_WORK TO COMPLETE_: In the listing below, a line holding "-- ===== src/Connection.antt" and a line holding "pub data ReaderState : Type 0 where" mark the range. Retype both exactly, with all lines between them.
● ● ● ● ● ● ●
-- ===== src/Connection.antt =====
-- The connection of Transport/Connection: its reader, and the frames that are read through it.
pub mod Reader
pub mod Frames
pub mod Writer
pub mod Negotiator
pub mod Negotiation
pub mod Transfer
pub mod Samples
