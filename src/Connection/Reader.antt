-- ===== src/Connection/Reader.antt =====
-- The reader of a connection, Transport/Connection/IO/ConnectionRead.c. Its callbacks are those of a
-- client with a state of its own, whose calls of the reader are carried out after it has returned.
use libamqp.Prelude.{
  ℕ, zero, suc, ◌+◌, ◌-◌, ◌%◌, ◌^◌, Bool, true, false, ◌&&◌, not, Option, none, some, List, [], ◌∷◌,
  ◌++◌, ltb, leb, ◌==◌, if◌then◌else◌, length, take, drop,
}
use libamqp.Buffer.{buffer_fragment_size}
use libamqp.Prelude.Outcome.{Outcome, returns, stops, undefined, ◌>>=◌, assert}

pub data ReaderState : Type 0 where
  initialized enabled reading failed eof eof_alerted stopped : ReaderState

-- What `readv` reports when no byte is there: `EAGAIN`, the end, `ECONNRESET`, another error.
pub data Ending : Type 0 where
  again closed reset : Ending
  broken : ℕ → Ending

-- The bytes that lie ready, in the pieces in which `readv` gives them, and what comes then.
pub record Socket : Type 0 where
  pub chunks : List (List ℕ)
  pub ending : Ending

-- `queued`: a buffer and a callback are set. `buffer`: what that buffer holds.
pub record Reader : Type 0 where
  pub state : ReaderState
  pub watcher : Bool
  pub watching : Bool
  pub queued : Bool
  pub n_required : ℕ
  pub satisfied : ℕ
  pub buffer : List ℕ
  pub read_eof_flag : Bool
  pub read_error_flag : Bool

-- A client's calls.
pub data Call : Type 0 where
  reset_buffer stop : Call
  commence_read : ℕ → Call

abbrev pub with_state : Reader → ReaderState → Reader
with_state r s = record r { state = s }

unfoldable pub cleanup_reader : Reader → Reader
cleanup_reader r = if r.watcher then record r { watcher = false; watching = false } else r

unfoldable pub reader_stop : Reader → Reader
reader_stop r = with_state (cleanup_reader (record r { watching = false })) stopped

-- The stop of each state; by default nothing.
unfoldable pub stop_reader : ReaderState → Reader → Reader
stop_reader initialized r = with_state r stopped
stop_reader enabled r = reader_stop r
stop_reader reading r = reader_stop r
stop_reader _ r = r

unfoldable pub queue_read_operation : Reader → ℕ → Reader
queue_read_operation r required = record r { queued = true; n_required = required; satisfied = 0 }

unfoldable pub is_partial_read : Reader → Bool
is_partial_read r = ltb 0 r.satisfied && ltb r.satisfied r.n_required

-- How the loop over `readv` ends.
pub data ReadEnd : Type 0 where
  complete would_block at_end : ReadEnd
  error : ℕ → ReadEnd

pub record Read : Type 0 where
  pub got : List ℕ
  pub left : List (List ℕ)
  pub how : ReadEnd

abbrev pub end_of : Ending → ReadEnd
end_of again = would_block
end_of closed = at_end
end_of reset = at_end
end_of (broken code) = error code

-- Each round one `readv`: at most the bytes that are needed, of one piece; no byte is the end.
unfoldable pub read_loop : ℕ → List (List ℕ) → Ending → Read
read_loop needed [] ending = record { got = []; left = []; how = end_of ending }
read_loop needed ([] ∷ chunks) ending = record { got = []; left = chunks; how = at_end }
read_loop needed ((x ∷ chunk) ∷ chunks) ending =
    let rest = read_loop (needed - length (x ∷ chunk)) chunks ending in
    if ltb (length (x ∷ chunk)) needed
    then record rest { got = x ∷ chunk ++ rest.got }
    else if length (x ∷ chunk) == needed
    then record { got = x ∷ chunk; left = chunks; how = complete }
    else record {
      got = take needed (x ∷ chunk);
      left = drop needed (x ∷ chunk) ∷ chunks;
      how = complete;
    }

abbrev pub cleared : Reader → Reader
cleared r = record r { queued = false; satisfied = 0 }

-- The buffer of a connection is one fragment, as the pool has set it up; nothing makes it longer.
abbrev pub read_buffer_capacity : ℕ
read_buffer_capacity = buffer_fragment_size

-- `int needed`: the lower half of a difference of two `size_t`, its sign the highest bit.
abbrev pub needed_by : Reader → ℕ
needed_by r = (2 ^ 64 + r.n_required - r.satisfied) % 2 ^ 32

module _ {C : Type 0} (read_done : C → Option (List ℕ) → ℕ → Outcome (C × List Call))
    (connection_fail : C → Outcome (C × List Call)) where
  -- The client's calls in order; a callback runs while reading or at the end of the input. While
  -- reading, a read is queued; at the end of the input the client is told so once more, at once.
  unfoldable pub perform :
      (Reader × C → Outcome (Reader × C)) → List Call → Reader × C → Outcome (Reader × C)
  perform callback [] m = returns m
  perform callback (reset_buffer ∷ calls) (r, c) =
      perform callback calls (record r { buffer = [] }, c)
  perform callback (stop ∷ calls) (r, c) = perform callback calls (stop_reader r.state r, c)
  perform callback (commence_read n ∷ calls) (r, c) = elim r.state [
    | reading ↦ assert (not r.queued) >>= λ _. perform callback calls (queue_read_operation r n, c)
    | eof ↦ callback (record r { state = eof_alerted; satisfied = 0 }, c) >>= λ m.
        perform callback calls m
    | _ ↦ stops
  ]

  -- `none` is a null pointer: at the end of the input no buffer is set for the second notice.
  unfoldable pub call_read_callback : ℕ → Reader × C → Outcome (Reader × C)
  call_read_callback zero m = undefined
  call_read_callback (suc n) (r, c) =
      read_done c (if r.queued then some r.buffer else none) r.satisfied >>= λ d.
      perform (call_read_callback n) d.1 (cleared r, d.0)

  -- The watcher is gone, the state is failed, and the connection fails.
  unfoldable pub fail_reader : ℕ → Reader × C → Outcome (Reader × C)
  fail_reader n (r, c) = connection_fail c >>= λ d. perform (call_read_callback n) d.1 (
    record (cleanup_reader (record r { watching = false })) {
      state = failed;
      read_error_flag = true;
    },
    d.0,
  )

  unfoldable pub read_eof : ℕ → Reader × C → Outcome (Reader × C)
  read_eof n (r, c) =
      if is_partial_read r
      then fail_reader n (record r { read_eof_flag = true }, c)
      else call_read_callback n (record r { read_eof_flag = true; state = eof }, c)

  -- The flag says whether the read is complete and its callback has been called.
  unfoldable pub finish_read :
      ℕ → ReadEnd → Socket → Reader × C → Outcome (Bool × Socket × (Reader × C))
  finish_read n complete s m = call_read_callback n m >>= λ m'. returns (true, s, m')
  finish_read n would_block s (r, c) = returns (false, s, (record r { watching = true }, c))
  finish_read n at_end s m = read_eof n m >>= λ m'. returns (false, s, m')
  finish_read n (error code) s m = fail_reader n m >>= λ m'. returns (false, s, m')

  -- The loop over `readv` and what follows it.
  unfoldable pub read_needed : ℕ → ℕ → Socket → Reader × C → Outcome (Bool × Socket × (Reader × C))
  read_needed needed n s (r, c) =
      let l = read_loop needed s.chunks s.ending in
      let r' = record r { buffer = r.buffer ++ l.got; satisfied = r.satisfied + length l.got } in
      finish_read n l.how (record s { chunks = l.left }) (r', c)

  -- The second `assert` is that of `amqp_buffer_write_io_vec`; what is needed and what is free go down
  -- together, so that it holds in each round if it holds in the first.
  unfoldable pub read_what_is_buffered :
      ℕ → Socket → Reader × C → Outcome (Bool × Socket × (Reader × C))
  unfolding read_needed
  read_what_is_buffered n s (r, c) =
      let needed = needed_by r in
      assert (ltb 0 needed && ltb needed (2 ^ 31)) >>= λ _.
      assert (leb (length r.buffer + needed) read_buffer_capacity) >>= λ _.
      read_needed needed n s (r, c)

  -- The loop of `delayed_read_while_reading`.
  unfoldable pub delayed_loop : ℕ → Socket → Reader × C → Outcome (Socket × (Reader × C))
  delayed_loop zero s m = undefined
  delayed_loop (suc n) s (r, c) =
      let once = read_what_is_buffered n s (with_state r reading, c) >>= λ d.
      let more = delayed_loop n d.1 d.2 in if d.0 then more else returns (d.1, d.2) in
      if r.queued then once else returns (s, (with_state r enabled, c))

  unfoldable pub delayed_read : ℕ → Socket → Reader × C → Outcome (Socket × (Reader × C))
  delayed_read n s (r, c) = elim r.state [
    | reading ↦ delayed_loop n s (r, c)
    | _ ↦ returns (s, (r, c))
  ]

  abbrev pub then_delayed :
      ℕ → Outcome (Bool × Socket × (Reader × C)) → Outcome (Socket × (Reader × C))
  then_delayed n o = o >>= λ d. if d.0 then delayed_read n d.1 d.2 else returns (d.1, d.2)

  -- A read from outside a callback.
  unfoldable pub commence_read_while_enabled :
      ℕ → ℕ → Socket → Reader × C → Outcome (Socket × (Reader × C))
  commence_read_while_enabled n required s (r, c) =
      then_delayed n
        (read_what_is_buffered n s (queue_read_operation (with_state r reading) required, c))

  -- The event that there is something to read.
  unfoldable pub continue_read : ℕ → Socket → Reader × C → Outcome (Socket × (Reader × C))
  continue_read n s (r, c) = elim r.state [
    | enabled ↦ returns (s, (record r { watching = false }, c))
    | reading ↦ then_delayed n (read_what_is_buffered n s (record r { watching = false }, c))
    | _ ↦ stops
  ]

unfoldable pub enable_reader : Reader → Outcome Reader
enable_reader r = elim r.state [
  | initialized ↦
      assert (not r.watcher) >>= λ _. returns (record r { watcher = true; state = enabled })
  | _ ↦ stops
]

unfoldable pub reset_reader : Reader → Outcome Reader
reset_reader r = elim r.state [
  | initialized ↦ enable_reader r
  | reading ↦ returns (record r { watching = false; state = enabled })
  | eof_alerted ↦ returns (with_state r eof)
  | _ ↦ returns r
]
● ● ● ● ● ● ●
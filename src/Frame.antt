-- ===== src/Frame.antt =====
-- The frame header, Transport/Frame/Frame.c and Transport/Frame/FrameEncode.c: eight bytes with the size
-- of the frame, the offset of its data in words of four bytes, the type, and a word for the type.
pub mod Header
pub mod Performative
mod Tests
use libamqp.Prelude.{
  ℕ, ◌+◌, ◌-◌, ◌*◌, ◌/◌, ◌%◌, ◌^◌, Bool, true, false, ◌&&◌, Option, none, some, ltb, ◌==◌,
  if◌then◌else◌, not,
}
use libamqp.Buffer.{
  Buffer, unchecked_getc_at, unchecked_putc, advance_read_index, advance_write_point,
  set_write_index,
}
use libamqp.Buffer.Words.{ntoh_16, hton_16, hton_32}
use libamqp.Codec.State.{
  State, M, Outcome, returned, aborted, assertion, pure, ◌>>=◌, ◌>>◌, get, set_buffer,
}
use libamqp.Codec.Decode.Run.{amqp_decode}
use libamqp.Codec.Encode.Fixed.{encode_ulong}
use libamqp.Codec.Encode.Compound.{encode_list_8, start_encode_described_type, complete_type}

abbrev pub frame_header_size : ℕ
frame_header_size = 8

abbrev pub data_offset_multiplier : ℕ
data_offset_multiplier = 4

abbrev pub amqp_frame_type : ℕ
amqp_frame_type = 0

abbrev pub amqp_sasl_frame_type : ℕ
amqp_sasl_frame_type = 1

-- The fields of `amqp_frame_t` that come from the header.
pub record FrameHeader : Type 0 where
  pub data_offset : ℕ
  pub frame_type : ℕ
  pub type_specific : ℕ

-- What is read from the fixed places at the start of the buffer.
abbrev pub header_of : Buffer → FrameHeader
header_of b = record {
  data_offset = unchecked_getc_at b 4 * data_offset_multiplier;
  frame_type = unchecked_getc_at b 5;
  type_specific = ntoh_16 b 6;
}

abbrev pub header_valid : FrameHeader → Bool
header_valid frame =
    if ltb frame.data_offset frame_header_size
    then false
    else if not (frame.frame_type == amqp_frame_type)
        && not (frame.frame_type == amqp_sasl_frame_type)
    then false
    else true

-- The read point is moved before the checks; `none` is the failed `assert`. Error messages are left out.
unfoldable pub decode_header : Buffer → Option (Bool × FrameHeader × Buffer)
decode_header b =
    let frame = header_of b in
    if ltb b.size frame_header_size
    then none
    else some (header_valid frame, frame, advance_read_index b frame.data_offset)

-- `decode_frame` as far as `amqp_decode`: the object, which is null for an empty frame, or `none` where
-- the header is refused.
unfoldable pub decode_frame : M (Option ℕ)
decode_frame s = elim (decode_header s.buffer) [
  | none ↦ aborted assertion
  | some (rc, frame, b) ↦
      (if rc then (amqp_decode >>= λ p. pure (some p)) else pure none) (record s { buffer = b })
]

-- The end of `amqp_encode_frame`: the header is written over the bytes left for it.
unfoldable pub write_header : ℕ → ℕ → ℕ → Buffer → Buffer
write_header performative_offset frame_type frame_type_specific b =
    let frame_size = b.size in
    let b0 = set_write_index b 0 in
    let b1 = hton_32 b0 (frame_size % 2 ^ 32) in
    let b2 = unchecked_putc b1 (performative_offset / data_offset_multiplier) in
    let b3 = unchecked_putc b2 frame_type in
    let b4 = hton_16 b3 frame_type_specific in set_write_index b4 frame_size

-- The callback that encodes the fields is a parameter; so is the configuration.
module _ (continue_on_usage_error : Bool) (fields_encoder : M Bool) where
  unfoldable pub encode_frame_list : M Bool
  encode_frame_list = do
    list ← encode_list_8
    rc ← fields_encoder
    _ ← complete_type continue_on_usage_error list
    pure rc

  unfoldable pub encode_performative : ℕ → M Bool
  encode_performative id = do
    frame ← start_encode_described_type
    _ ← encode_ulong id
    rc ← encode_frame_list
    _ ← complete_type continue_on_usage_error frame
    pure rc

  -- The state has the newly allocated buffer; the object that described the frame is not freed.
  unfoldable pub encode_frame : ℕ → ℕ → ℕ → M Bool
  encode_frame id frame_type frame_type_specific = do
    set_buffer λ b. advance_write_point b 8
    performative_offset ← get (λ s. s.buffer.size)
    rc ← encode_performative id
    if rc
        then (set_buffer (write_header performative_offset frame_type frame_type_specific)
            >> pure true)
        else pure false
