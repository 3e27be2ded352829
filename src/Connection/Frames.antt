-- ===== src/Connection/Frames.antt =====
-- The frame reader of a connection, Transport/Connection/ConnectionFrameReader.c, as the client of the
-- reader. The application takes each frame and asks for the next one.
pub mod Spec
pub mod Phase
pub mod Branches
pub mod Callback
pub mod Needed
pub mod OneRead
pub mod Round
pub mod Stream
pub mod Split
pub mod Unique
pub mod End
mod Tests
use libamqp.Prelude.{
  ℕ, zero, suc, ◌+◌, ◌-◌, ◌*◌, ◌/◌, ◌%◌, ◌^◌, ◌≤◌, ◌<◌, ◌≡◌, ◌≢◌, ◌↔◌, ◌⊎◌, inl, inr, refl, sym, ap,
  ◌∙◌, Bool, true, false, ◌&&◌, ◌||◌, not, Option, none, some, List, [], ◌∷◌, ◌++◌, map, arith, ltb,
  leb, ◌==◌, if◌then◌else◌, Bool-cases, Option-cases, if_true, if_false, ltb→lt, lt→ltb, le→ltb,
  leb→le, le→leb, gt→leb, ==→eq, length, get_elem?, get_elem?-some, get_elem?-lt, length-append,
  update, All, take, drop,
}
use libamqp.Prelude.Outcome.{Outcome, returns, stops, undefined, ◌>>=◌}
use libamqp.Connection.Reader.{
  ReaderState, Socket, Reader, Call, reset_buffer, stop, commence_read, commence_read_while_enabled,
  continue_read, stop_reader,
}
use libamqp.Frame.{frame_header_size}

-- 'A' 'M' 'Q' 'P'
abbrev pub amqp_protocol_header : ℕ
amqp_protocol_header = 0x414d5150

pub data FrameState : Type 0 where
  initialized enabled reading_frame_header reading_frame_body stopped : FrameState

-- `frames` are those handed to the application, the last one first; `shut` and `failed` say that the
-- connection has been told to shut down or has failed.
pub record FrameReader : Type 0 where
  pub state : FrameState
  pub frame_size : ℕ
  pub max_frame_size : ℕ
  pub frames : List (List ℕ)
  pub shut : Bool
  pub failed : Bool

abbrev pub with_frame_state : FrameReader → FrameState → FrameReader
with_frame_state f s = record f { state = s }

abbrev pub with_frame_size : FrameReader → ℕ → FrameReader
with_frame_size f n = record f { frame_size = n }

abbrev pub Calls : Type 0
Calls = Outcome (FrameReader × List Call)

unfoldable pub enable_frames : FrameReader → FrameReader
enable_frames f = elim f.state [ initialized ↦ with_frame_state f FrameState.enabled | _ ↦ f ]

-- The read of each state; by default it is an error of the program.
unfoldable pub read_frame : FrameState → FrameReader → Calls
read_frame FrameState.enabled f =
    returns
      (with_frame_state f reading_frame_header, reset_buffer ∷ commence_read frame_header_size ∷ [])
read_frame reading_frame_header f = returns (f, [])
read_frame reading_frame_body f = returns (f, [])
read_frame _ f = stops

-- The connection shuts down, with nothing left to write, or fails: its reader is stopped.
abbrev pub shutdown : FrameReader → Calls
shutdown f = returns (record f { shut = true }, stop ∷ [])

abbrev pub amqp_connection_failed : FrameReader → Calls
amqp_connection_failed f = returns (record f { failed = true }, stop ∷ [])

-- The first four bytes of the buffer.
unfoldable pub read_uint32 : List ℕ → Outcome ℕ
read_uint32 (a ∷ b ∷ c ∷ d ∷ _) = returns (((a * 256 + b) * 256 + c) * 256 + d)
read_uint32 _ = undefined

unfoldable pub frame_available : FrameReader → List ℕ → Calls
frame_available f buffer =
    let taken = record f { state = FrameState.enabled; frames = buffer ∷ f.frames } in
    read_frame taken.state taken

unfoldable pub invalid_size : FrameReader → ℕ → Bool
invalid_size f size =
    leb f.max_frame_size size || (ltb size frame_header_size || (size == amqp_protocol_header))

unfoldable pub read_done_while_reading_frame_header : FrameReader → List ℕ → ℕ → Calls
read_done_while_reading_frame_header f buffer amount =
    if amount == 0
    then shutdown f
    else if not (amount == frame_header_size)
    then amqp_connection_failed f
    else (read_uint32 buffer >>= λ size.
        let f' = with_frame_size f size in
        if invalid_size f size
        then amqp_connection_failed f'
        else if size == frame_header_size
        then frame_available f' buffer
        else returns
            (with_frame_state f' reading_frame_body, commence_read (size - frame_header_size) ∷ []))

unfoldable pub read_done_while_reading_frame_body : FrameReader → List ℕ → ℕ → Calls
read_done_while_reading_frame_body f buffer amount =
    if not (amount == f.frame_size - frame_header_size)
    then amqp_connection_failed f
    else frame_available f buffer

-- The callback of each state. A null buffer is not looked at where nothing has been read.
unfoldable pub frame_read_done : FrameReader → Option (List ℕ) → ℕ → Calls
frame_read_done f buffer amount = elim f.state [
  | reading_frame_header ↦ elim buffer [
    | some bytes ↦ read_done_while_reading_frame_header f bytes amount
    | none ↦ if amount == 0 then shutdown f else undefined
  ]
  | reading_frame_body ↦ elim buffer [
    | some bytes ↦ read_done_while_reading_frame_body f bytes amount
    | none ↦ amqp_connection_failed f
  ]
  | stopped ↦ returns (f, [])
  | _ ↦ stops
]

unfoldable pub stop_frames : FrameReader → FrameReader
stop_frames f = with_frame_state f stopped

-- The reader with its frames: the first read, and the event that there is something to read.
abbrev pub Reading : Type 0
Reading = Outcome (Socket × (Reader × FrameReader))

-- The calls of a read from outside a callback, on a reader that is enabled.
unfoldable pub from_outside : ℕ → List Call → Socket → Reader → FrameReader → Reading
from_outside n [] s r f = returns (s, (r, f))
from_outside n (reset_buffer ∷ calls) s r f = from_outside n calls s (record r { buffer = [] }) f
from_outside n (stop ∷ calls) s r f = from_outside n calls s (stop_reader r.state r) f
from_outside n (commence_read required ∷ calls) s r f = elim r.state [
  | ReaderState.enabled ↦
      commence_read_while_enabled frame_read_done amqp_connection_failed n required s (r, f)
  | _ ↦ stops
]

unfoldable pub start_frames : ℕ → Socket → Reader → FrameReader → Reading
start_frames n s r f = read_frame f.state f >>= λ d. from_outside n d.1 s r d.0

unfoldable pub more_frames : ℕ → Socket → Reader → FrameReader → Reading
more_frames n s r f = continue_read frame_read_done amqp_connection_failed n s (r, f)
● ● ● ● ● ● ●
_SOLUTION_:
-- ===== src/Connection.antt =====
-- The connection of Transport/Connection: its reader, and the frames that are read through it.
pub mod Reader
pub mod Frames
pub mod Writer
pub mod Negotiator
pub mod Negotiation
pub mod Transfer
pub mod Samples
filename src/Connection/Reader.antt
-- ===== src/Connection/Reader.antt =====
-- The reader of a connection, Transport/Connection/IO/ConnectionRead.c. Its callbacks are those of a
-- client with a state of its own, whose calls of the reader are carried out after it has returned.
use libamqp.Prelude.{
  ℕ, zero, suc, ◌+◌, ◌-◌, ◌%◌, ◌^◌, Bool, true, false, ◌&&◌, not, Option, none, some, List, [], ◌∷◌,
  ◌++◌, ltb, leb, ◌==◌, if◌then◌else◌, length, take, drop,
}
use libamqp.Buffer.{buffer_fragment_size}
use libamqp.Prelude.Outcome.{Outcome, returns, stops, undefined, ◌>>=◌, assert}

pub data ReaderState : Type 0 where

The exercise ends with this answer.